Here are the records. Write out exactly the lines between the one holding "pub mod Total" and the one holding "else (q, c)", inclusive.
··········
-- ===== src/Tx/Select.antt =====
-- The choice of the next queue in rsi/rsi_91x_core.c.
pub mod Frame
pub mod Ready
pub mod Recalculate
pub mod Chosen
pub mod Total
pub mod Least
use si91x_rcp_driver.Prelude.{
  ℕ, zero, suc, ◌+◌, ◌-◌, ◌*◌, ◌/◌, ◌%◌, ◌^◌, Bool, true, false, not, ◌&&◌, ◌||◌, Option, none,
  some, ltb, leb, ◌==◌, if◌then◌else◌, update,
}
use si91x_rcp_driver.Tx.State.{
  bk_q, be_q, vi_q, vo_q, mgmt_soft_q, mgmt_beacon_q, num_edca_queues, invalid_queue, WmmQinfo,
  EdcaParams, Common, q_len,
}

-- `skb_queue_len(...)` as a condition
abbrev pub has_pkts : Common → ℕ → Bool
has_pkts c i = ltb 0 (q_len c i)

-- The loop of `rsi_determine_min_weight_queue`, with `n` rounds left at index `ii`. The assignment
-- to the `u8` `min_weight` drops the high bits of the weight.
unfoldable pub min_weight_from : ℕ → ℕ → Common → ℕ × Common
min_weight_from zero ii c = (ii, c)
min_weight_from (suc n) ii c =
    let rest = min_weight_from n (ii + 1) c in
    if (c.tx_qinfo ii).pkt_contended && has_pkts c ii
    then (ii, record c { min_weight = (c.tx_qinfo ii).weight % 2 ^ 8 })
    else rest

unfoldable pub determine_min_weight_queue : Common → ℕ × Common
determine_min_weight_queue c = min_weight_from num_edca_queues 0 c

-- One round of `rsi_recalculate_weights`, for a queue with packets or without.
unfoldable pub recalculate_weight : Bool → ℕ → WmmQinfo → WmmQinfo
recalculate_weight has m w =
    if has
    then (if w.pkt_contended
        then record w { weight = if ltb m w.weight then w.weight - m else 0 }
        else record w { weight = w.wme_params; pkt_contended = true })
    else record w { weight = 0; pkt_contended = false }

-- The loop of `rsi_recalculate_weights`; the flag is `recontend_queue`.
unfoldable pub recalculate_from : ℕ → ℕ → Bool → Common → Bool × Common
recalculate_from zero ii re c = (re, c)
recalculate_from (suc n) ii re c =
    let w = c.tx_qinfo ii in
    recalculate_from n (ii + 1) (re || (has_pkts c ii && not w.pkt_contended)) (record c {
      tx_qinfo = update c.tx_qinfo ii (recalculate_weight (has_pkts c ii) c.min_weight w);
    })

unfoldable pub recalculate_weights : Common → Bool × Common
recalculate_weights c = recalculate_from num_edca_queues 0 false c

-- One round of "Selecting the queue with least back off".
unfoldable pub back_off_round : ℕ → ℕ × Common → ℕ × Common
back_off_round ii (q, c) =
    let w = c.tx_qinfo ii in
    if w.pkt_contended && ltb w.weight c.min_weight && has_pkts c ii
    then (ii, record c { min_weight = w.weight % 2 ^ 8 })
    else (q, c)

-- Its loop, from `ii` on with `n` rounds left.
unfoldable pub least_back_off : ℕ → ℕ → ℕ × Common → ℕ × Common
least_back_off zero ii s = s
least_back_off (suc n) ii s = least_back_off n (ii + 1) (back_off_round ii s)

-- `tx_qinfo[q_num].pkt_contended = 0`, guarded by `q_num < NUM_EDCA_QUEUES`
unfoldable pub clear_contended : ℕ → Common → Common
clear_contended q c =
    if ltb q num_edca_queues
    then record c {
      tx_qinfo = update c.tx_qinfo q (record (c.tx_qinfo q) { pkt_contended = false });
    }
    else c

-- One pass from `get_queue_num:` down to the test of `q_len`: the queue chosen, and
-- `recontend_queue`.
unfoldable pub contend : Common → ℕ × Bool × Common
contend c =
    let (first, c₁) = determine_min_weight_queue c in
    let (q, c₂) = least_back_off (num_edca_queues - first) first (first, c₁) in
    let (re, c₃) = recalculate_weights (clear_contended q c₂) in (q, re, c₃)

-- The number of packets that the chosen queue may send in a row, before it is cut to the length of
-- the queue. `txop` is a `u16`, so the shift does not leave `int`.
unfoldable pub burst : Common → ℕ → ℕ
burst c q =
    if q == vo_q
    then (if (c.edca_params q).acm then 1 else 6)
    else (if (c.edca_params q).acm
        then 1
        else (if ltb (c.edca_params be_q).aifs (c.edca_params vi_q).aifs
            then 2
            else (c.edca_params q).txop * 2 ^ 5 / 800))

-- The tail of `rsi_core_determine_hal_queue`, for a queue that has packets.
unfoldable pub take_queue : ℕ → Common → Common
take_queue q c =
    if (q == vo_q) || (q == vi_q)
    then (let b = burst c q in
        let cut = if leb (q_len c q) b then q_len c q else b in
        record c { selected_qnum = q; pkt_cnt = if not (cut == 0) then cut - 1 else 0 })
    else record c { selected_qnum = q }

-- From `get_queue_num:` on. The fuel bounds the jumps back; `none` means that it ran out.
unfoldable pub get_queue_num : ℕ → Common → Option (ℕ × Common)
get_queue_num zero c = none
get_queue_num (suc f) c =
    let (q, re, c') = contend c in
    let again = get_queue_num f c' in
    if has_pkts c' q
    then some (q, take_queue q c')
    else (if re then again else some (invalid_queue, c'))

unfoldable pub determine_hal_queue : ℕ → Common → Option (ℕ × Common)
determine_hal_queue fuel c =
    if has_pkts c mgmt_beacon_q
    then some (mgmt_beacon_q, c)
    else (if has_pkts c mgmt_soft_q
        then some (mgmt_soft_q, c)
        else (if c.hw_data_qs_blocked
            then some (invalid_queue, c)
            else (if not (c.pkt_cnt == 0)
                then some (c.selected_qnum, record c { pkt_cnt = c.pkt_cnt - 1 })
                else get_queue_num fuel c)))
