-- ===== src/Tx/Process.antt =====
-- `rsi_core_qos_processor` of rsi/rsi_91x_core.c: one run of the transmit thread over the queues.
-- Locks, the log, the alignment of a buffer (which keeps its bytes) and `schedule()` are left out;
-- so are packets that other threads queue while it runs.
pub mod Fifo
pub mod Ends
pub mod Drain
use si91x_rcp_driver.Prelude.{
  ℕ, zero, suc, ◌+◌, ◌%◌, ◌^◌, ◌≡◌, Bool, true, false, not, ◌&&◌, ◌||◌, Option, none, some, List,
  [], ◌∷◌, ◌++◌, ltb, ◌==◌, if◌then◌else◌, update, get_or,
}
use si91x_rcp_driver.Tx.State.{
  bk_q, be_q, vi_q, vo_q, mgmt_soft_q, invalid_queue, SkBuff, Common, q_len,
}
use si91x_rcp_driver.Tx.Queue.{dequeue_pkt}
use si91x_rcp_driver.Tx.Select.{determine_hal_queue}

-- The access categories of mac80211; `WME_AC` names one for each data queue.
pub data Ac : Type 0 where
  bk be vi vo : Ac

unfoldable pub wme_ac : ℕ → Ac
wme_ac q = if q == bk_q then bk else (if q == be_q then be else (if q == vi_q then vi else vo))

-- A call to a layer below, as far as the layer can tell it from others.
pub data Call : Type 0 where
  check : ℕ → Call  -- check_hw_queue_status
  wake : Ac → Call  -- ieee80211_wake_queue
  send : ℕ → SkBuff → Call  -- rsi_send_mgmt_pkt, rsi_send_pkt or rsi_send_data_pkt

-- The layers below: what they answer, given the calls so far, last one first.
pub record Lower : Type 0 where
  pub room : List Call → ℕ → Bool  -- check_hw_queue_status(...) > 0
  pub stopped : List Call → Ac → Bool  -- ieee80211_queue_stopped
  pub fails : List Call → ℕ → SkBuff → Bool  -- a send that returns other than 0
  pub hw : Bool  -- adapter->hw is not null

abbrev pub peer_notify_frame : ℕ
peer_notify_frame = 0x8

-- `if (ieee80211_queue_stopped(...) && cond) ieee80211_wake_queue(...)`
unfoldable pub wake_if : Lower → ℕ → Bool → List Call → List Call
wake_if l q cond tr = if l.stopped tr (wme_ac q) && cond then wake (wme_ac q) ∷ tr else tr

-- The wake-ups after a data packet has left its queue. The second test of VI_Q takes the address of
-- `acm`, which is never null.
unfoldable pub wake_queues : Lower → Common → List Call → List Call
wake_queues l c tr =
    let tr₁ = wake_if l vo_q (ltb (q_len c vo_q) 100) tr in
    if q_len c vo_q == 0
    then (let vi_low =
          (not (c.edca_params vi_q).acm && ltb (q_len c vi_q) 150) || ltb (q_len c be_q) 25 in
        let tr₂ = wake_if l vi_q vi_low tr₁ in
        if ltb (q_len c vi_q) 5
        then (let tr₃ = wake_if l be_q (ltb (q_len c be_q) 25) tr₂ in
            if ltb (q_len c be_q) 15 then wake_if l bk_q (ltb (q_len c bk_q) 10) tr₃ else tr₃)
        else tr₂)
    else tr₁

-- One turn of `while (1)`: it breaks, or goes round again.
pub data Turn : Type 0 where
  break : Common → List Call → Turn
  again : Common → List Call → Turn

-- `if ((adapter->peer_notify) && (skb->data[2] == PEER_NOTIFY)) ...`
unfoldable pub clear_peer_notify : SkBuff → Common → Common
clear_peer_notify skb c =
    if c.peer_notify && (get_or skb.bytes 2 0 == peer_notify_frame)
    then record c { peer_notify = false }
    else c

unfoldable pub count_sent : ℕ → Common → Common
count_sent q c = record c {
  total_tx_pkt_send = update c.total_tx_pkt_send q ((c.total_tx_pkt_send q + 1) % 2 ^ 32);
}

-- From the dequeued packet to the end of the turn.
unfoldable pub transmit : Lower → ℕ → SkBuff → Common → List Call → Turn
transmit l q skb c tr =
    if ltb q mgmt_soft_q && not l.hw
    then break c tr
    else (let tr₁ = if ltb q mgmt_soft_q then wake_queues l c tr else tr in
        let c₁ = clear_peer_notify skb c in
        if l.fails tr₁ q skb
        then break c₁ (send q skb ∷ tr₁)
        else again (count_sent q c₁) (send q skb ∷ tr₁))

-- The device has no room, and the queue is one that has to wait for it.
unfoldable pub must_wait : Lower → ℕ → Common → List Call → Bool
must_wait l q c tr =
    not (l.room tr q) && (ltb q mgmt_soft_q || (not c.peer_notify && (q == mgmt_soft_q)))

-- The turn for the queue that was determined.
unfoldable pub serve : Lower → ℕ → Common → List Call → Turn
serve l q c tr =
    if (q == invalid_queue) || c.hibernate_resume
    then break c tr
    else (if must_wait l q c tr then break c (check q ∷ tr) else elim (dequeue_pkt c q) [
      | none ↦ break c (check q ∷ tr)
      | some (skb, c₁) ↦ transmit l q skb c₁ (check q ∷ tr)
    ])

-- The loop. The fuel bounds its turns; two passes are enough for each determination.
unfoldable pub qos_processor : ℕ → Lower → Common → List Call → Option (Common × List Call)
qos_processor zero l c tr = none
qos_processor (suc f) l c tr = elim (determine_hal_queue 2 c) [
  | none ↦ none
  | some (q, c₁) ↦ elim (serve l q c₁ tr) [
    | break c₂ tr₂ ↦ some (c₂, tr₂)
    | again c₂ tr₂ ↦ qos_processor f l c₂ tr₂
  ]
]
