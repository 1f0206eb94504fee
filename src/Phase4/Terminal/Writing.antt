-- ===== src/Phase4/Terminal/Writing.antt =====
-- ourTermWrite of phase4a/phase4.c: a text goes out whole and in order, under the terminal's lock.
use process_control.Base.{
  ℕ, ◌<◌, ◌+◌, ◌*◌, ◌≡◌, refl, ap, ◌∙◌, if◌then◌else◌, Option, none, some, List, [], ◌∷◌, ◌++◌,
  length, lt→ltb, arith,
}
use process_control.Base.Int.{ℤ, pos}
use process_control.Base.Run.{done, fault, bind, settle, calls}
use process_control.Base.Run.Laws.{settle-bind-done, calls-bind-done}
use process_control.Base.Sysargs.{Sysargs}
use process_control.Phase4.State.{State, Call, Routine, control, mbox_send, mbox_recv}
use process_control.Phase4.Terminal.{
  term_unit, char_control, lock_terminal, unlock_terminal, write_char_to_terminal, write_chars,
  our_term_write,
}

-- The characters that a signed `char` shows as they are.
abbrev pub IsAscii : List ℕ → Type 0
IsAscii [] = Unit {0}
IsAscii (c ∷ text) = (c < 128) × IsAscii text

-- Before each character the writer waits for the transmitter. The control word has the character in
-- bits 8 to 14 and the bits 0, 1 and 2 set.
abbrev pub char_calls : ℤ → ℕ → List ℕ → List Call
char_calls ready unit [] = []
char_calls ready unit (c ∷ text) =
    mbox_recv ready ∷ control (pos unit) (pos (c * 256 + 7)) ∷ char_calls ready unit text

module _ (answer : Call → ℤ) (unit : ℕ) where
  abbrev env : Call → State → ℤ × State
  env e t = (answer e, t)

  char_control-word : (c : ℕ) → c < 128 → char_control c ≡ pos (c * 256 + 7)
  char_control-word c h = ground arith

  write_chars-calls :
      (text : List ℕ) (s : State)
      → IsAscii text
      → (settle env (write_chars text unit s) ≡ done tt s)
        × (calls env (write_chars text unit s) ≡ char_calls (s.term_write_mbox unit) unit text)
  unfolding write_chars write_char_to_terminal bind settle calls
  write_chars-calls [] s plain = (refl, refl)
  write_chars-calls (c ∷ text) s plain =
      let (ends, rest) = write_chars-calls text s plain.1 in
      let ready = mbox_recv (s.term_write_mbox unit) in
      (
        ends,
        ap (λ es. ready ∷ control (pos unit) (char_control c) ∷ es) rest
            ∙ ap (λ k. ready ∷ control (pos unit) k ∷ char_calls (s.term_write_mbox unit) unit text)
                (char_control-word c plain.0),
      )

-- A write of a text of characters below 128 to one of the four terminals takes the terminal's lock,
-- sends the characters one by one up to the end of the string, each once the transmitter is ready and
-- with the bits 0 to 2 below it, gives the lock back, and answers the length of the string and 0,
-- whatever size was asked for. The environment leaves the state.
pub our_term_write-chars :
    (answer : Call → ℤ) (unit : ℕ) (text : List ℕ) (args : Sysargs) (s : State)
    → args.arg3 ≡ pos unit
    → unit < 4
    → IsAscii text
    → (calls (λ e t. (answer e, t)) (our_term_write text args s)
        ≡ mbox_send (s.term_lock_mbox unit) ∷ char_calls (s.term_write_mbox unit) unit text
          ++ mbox_recv (s.term_lock_mbox unit) ∷ [])
      × (settle (λ e t. (answer e, t)) (our_term_write text args s)
          ≡ done (record args { arg4 = pos 0; arg2 = pos (length text) }) s)
unfolding our_term_write bind settle calls
our_term_write-chars answer unit text args s index within plain =
    let known =
      ap term_unit index ∙ ap (λ b. if b then some unit else none) (lt→ltb unit 4 within) in
    let (ends, chars) = write_chars-calls answer unit text s plain in
    (
      ap (λ o. calls (λ e t. (answer e, t)) (body o)) known
          ∙ ap (λ es. mbox_send (s.term_lock_mbox unit) ∷ es)
              (calls-bind-done (λ e t. (answer e, t)) (λ _ v. unlocked unit v)
                  (write_chars text unit s) tt s ends
                ∙ ap (λ es. es ++ mbox_recv (s.term_lock_mbox unit) ∷ []) chars),
      ap (λ o. settle (λ e t. (answer e, t)) (body o)) known
          ∙ settle-bind-done (λ e t. (answer e, t)) (λ _ v. unlocked unit v)
              (write_chars text unit s) tt s ends,
    )
  where
    unlocked : ℕ → State → Routine Sysargs
    unlocked unit v =
        bind (unlock_terminal unit v)
          (λ _ w. done (record args { arg4 = pos 0; arg2 = pos (length text) }) w)

    body : Option ℕ → Routine Sysargs
    body none = fault s
    body (some unit) =
        bind (lock_terminal unit s) (λ _ t. bind (write_chars text unit t) (λ _ v. unlocked unit v))
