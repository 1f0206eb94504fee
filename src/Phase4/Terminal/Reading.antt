-- ===== src/Phase4/Terminal/Reading.antt =====
-- A line that is typed at a terminal, through termMain2 of phase4a/phase4.c.
use process_control.Base.{
  ℕ, suc, ◌+◌, ◌<◌, ◌==◌, if◌then◌else◌, ◌≡◌, ◌≢◌, refl, ap, ◌∙◌, Bool, true, false, ◌||◌, Option,
  some, List, [], ◌∷◌, ◌++◌, length, length-append, arith, ne→==, eq→==,
}
use process_control.Base.Int.{ℤ, pos, negsuc, is_neg, eqb_ℤ}
use process_control.Base.Run.{done, yields, halted, bind}
use process_control.Base.Run.Laws.{called, replay}
use process_control.Phase4.State.{
  State, Call, Routine, Usloss, max_line, term_dev, wait_device, mbox_cond_send,
}
use process_control.Phase4.Terminal.{is_full, hand_on, receive, term_round, term_rounds, newline}

-- A status with a character, while the transmitter neither is ready nor reports an error.
pub record Delivers (u : Usloss) (status : ℤ) : Type 0 where
  pub receives : eqb_ℤ (u.stat_recv status) u.dev_busy ≡ true
  pub not_ready : eqb_ℤ (u.stat_xmit status) u.dev_ready ≡ false
  pub not_wrong : eqb_ℤ (u.stat_xmit status) u.dev_error ≡ false

-- Interrupts of a terminal, each with its status and the state that the daemon finds then: they bring
-- characters of a line, and no reader has asked for a size.
abbrev pub Plain : Usloss → List (ℤ × State) → Type 0
Plain u [] = Unit {0}
Plain u ((status, t) ∷ rest) =
    Delivers u status
    × (u.stat_char status ≢ newline)
    × (is_neg t.read_buffer_size ≡ true)
    × Plain u rest

abbrev pub characters : Usloss → List (ℤ × State) → List ℕ
characters u [] = []
characters u ((status, t) ∷ rest) = u.stat_char status ∷ characters u rest

-- One wait for each of the interrupts, and one for the newline.
abbrev pub waits : ℕ → List (ℤ × State) → List Call
waits unit [] = wait_device term_dev unit ∷ []
waits unit (x ∷ rest) = wait_device term_dev unit ∷ waits unit rest

-- As many rounds, and some more.
abbrev pub line_rounds : List (ℤ × State) → ℕ → ℕ
line_rounds [] later = suc later
line_rounds (x ∷ rest) later = suc (line_rounds rest later)

module _ (u : Usloss) (unit : ℕ) where
  handed : Bool → List ℕ → State → Routine (List ℕ)
  handed b line t =
      if b
      then yields (mbox_cond_send (t.term_read_mbox unit) line) t (λ _ v. done [] v)
      else done line t

  -- One round, up to what becomes of the line.
  round-line :
      (rounds : ℕ) (buffer : List ℕ) (s : State) (status : ℤ) (t : State) (full : Bool)
      (rest : List (ℤ × State))
      → Delivers u status
      → is_full (u.stat_char status) (buffer ++ u.stat_char status ∷ []) t ≡ full
      → replay ((status, t) ∷ rest) (term_rounds (suc rounds) u unit buffer s)
        ≡ called (wait_device term_dev unit) (
            replay rest (
              bind (handed full (buffer ++ u.stat_char status ∷ []) t) (term_rounds rounds u unit)))
  unfolding term_rounds term_round receive hand_on bind replay handed
  round-line rounds buffer s status t full rest d e =
      let c = u.stat_char status in
      ap
        (λ b. behind (
          if b
          then yields (mbox_cond_send (t.term_write_mbox unit) []) t
              (λ _ v. receive u unit buffer status v)
          else if eqb_ℤ (u.stat_xmit status) u.dev_error
          then halted (pos 1) t
          else receive u unit buffer status t))
        d.not_ready
      ∙ ap (λ b. behind (if b then halted (pos 1) t else receive u unit buffer status t))
          d.not_wrong
      ∙ ap
          (λ b. behind (
            if b
            then hand_on unit c (buffer ++ c ∷ []) t
            else if eqb_ℤ (u.stat_recv status) u.dev_error
            then halted (pos 1) t
            else done buffer t))
          d.receives
      ∙ ap (λ b. behind (handed b (buffer ++ c ∷ []) t)) e
    where
      behind : Routine (List ℕ) → Option (List Call × Routine (List ℕ))
      behind r =
          called (wait_device term_dev unit) (replay rest (bind r (term_rounds rounds u unit)))

  negative : (n : ℕ) (size : ℤ) → is_neg size ≡ true → eqb_ℤ (pos n) size ≡ false
  negative n (pos m) e = cc
  negative n (negsuc m) e = ground arith

  kept :
      (c : ℕ) (line : List ℕ) (s : State)
      → c ≢ newline
      → length line < max_line
      → is_neg s.read_buffer_size ≡ true
      → is_full c line s ≡ false
  kept c line s ne short no_reader =
      ap (λ b. b || (length line == max_line) || eqb_ℤ (pos (length line)) s.read_buffer_size)
        (ne→== c newline ne)
      ∙ ap (λ b. b || eqb_ℤ (pos (length line)) s.read_buffer_size)
          (ne→== (length line) max_line (λ e. absurd (omega arith)))
      ∙ negative (length line) s.read_buffer_size no_reader

  append-one : (xs : List ℕ) (c : ℕ) (ys : List ℕ) → (xs ++ c ∷ []) ++ ys ≡ xs ++ c ∷ ys
  append-one [] c ys = refl
  append-one (x ∷ xs) c ys = ap (λ k. x ∷ k) (append-one xs c ys)

  -- The daemon that holds the line, in the state at the newline, and goes on with an empty buffer.
  abbrev pub hands_over : List ℕ → State → ℕ → Routine (List ℕ)
  hands_over line v later =
      yields (mbox_cond_send (v.term_read_mbox unit) line) v (λ _ w. term_rounds later u unit [] w)

  -- Interrupts that bring characters other than a newline, few enough for the buffer with what is in
  -- it, while no reader has asked for a size, and then one that brings a newline: whatever the other
  -- processes make of the state in between, the daemon waits for each of them and calls nothing else,
  -- then hands on what was in the buffer, the characters in their order and the newline in one message,
  -- and goes on with an empty buffer. The transmitter neither is ready nor reports an error meanwhile.
  pub term_rounds-line :
      (typed : List (ℤ × State)) (last : ℤ) (v : State) (later : ℕ) (buffer : List ℕ) (s : State)
      → Plain u typed
      → Delivers u last
      → u.stat_char last ≡ newline
      → length buffer + length typed < max_line
      → replay (typed ++ (last, v) ∷ []) (term_rounds (line_rounds typed later) u unit buffer s)
        ≡ some
            (waits unit typed, hands_over (buffer ++ (characters u typed ++ newline ∷ [])) v later)
  unfolding replay handed bind
  term_rounds-line [] last v later buffer s plain ends end short =
      let c = u.stat_char last in
      let line = buffer ++ c ∷ [] in
      let full : is_full c line v ≡ true =
        ap (λ b. b || (length line == max_line) || eqb_ℤ (pos (length line)) v.read_buffer_size)
          (eq→== c newline end) in
      round-line later buffer s last v true [] ends full
      ∙ ap (λ k. some (wait_device term_dev unit ∷ [], hands_over (buffer ++ k ∷ []) v later)) end
  term_rounds-line ((status, t) ∷ typed) last v later buffer s plain ends end short =
      let c = u.stat_char status in
      let line = buffer ++ c ∷ [] in
      let longer : length line ≡ length buffer + 1 = length-append buffer (c ∷ []) in
      round-line (line_rounds typed later) buffer s status t false (typed ++ (last, v) ∷ []) plain.0
        (kept c line t plain.1 (omega arith) plain.2)
      ∙ ap (called (wait_device term_dev unit)) (
          term_rounds-line typed last v later line t plain.3 ends end (omega arith)
          ∙ ap (λ k. some (waits unit typed, hands_over k v later))
              (append-one buffer c (characters u typed ++ newline ∷ [])))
··········
→ Output below
pub mod Total
pub mod Least
use si91x_rcp_driver.Prelude.{
  ℕ, zero, suc, ◌+◌, ◌-◌, ◌*◌, ◌/◌, ◌%◌, ◌^◌, Bool, true, false, not, ◌&&◌, ◌||◌, Option, none,
  some, ltb, leb, ◌==◌, if◌then◌else◌, update,
}
use si91x_rcp_driver.Tx.State.{
  bk_q, be_q, vi_q, vo_q, mgmt_soft_q, mgmt_beacon_q, num_edca_queues, invalid_queue, WmmQinfo,
  EdcaParams, Common, q_len,
}

-- `skb_queue_len(...)` as a condition
abbrev pub has_pkts : Common → ℕ → Bool
has_pkts c i = ltb 0 (q_len c i)

-- The loop of `rsi_determine_min_weight_queue`, with `n` rounds left at index `ii`. The assignment
-- to the `u8` `min_weight` drops the high bits of the weight.
unfoldable pub min_weight_from : ℕ → ℕ → Common → ℕ × Common
min_weight_from zero ii c = (ii, c)
min_weight_from (suc n) ii c =
    let rest = min_weight_from n (ii + 1) c in
    if (c.tx_qinfo ii).pkt_contended && has_pkts c ii
    then (ii, record c { min_weight = (c.tx_qinfo ii).weight % 2 ^ 8 })
    else rest

unfoldable pub determine_min_weight_queue : Common → ℕ × Common
determine_min_weight_queue c = min_weight_from num_edca_queues 0 c

-- One round of `rsi_recalculate_weights`, for a queue with packets or without.
unfoldable pub recalculate_weight : Bool → ℕ → WmmQinfo → WmmQinfo
recalculate_weight has m w =
    if has
    then (if w.pkt_contended
        then record w { weight = if ltb m w.weight then w.weight - m else 0 }
        else record w { weight = w.wme_params; pkt_contended = true })
    else record w { weight = 0; pkt_contended = false }

-- The loop of `rsi_recalculate_weights`; the flag is `recontend_queue`.
unfoldable pub recalculate_from : ℕ → ℕ → Bool → Common → Bool × Common
recalculate_from zero ii re c = (re, c)
recalculate_from (suc n) ii re c =
    let w = c.tx_qinfo ii in
    recalculate_from n (ii + 1) (re || (has_pkts c ii && not w.pkt_contended)) (record c {
      tx_qinfo = update c.tx_qinfo ii (recalculate_weight (has_pkts c ii) c.min_weight w);
    })

unfoldable pub recalculate_weights : Common → Bool × Common
recalculate_weights c = recalculate_from num_edca_queues 0 false c

-- One round of "Selecting the queue with least back off".
unfoldable pub back_off_round : ℕ → ℕ × Common → ℕ × Common
back_off_round ii (q, c) =
    let w = c.tx_qinfo ii in
    if w.pkt_contended && ltb w.weight c.min_weight && has_pkts c ii
    then (ii, record c { min_weight = w.weight % 2 ^ 8 })
    else (q, c)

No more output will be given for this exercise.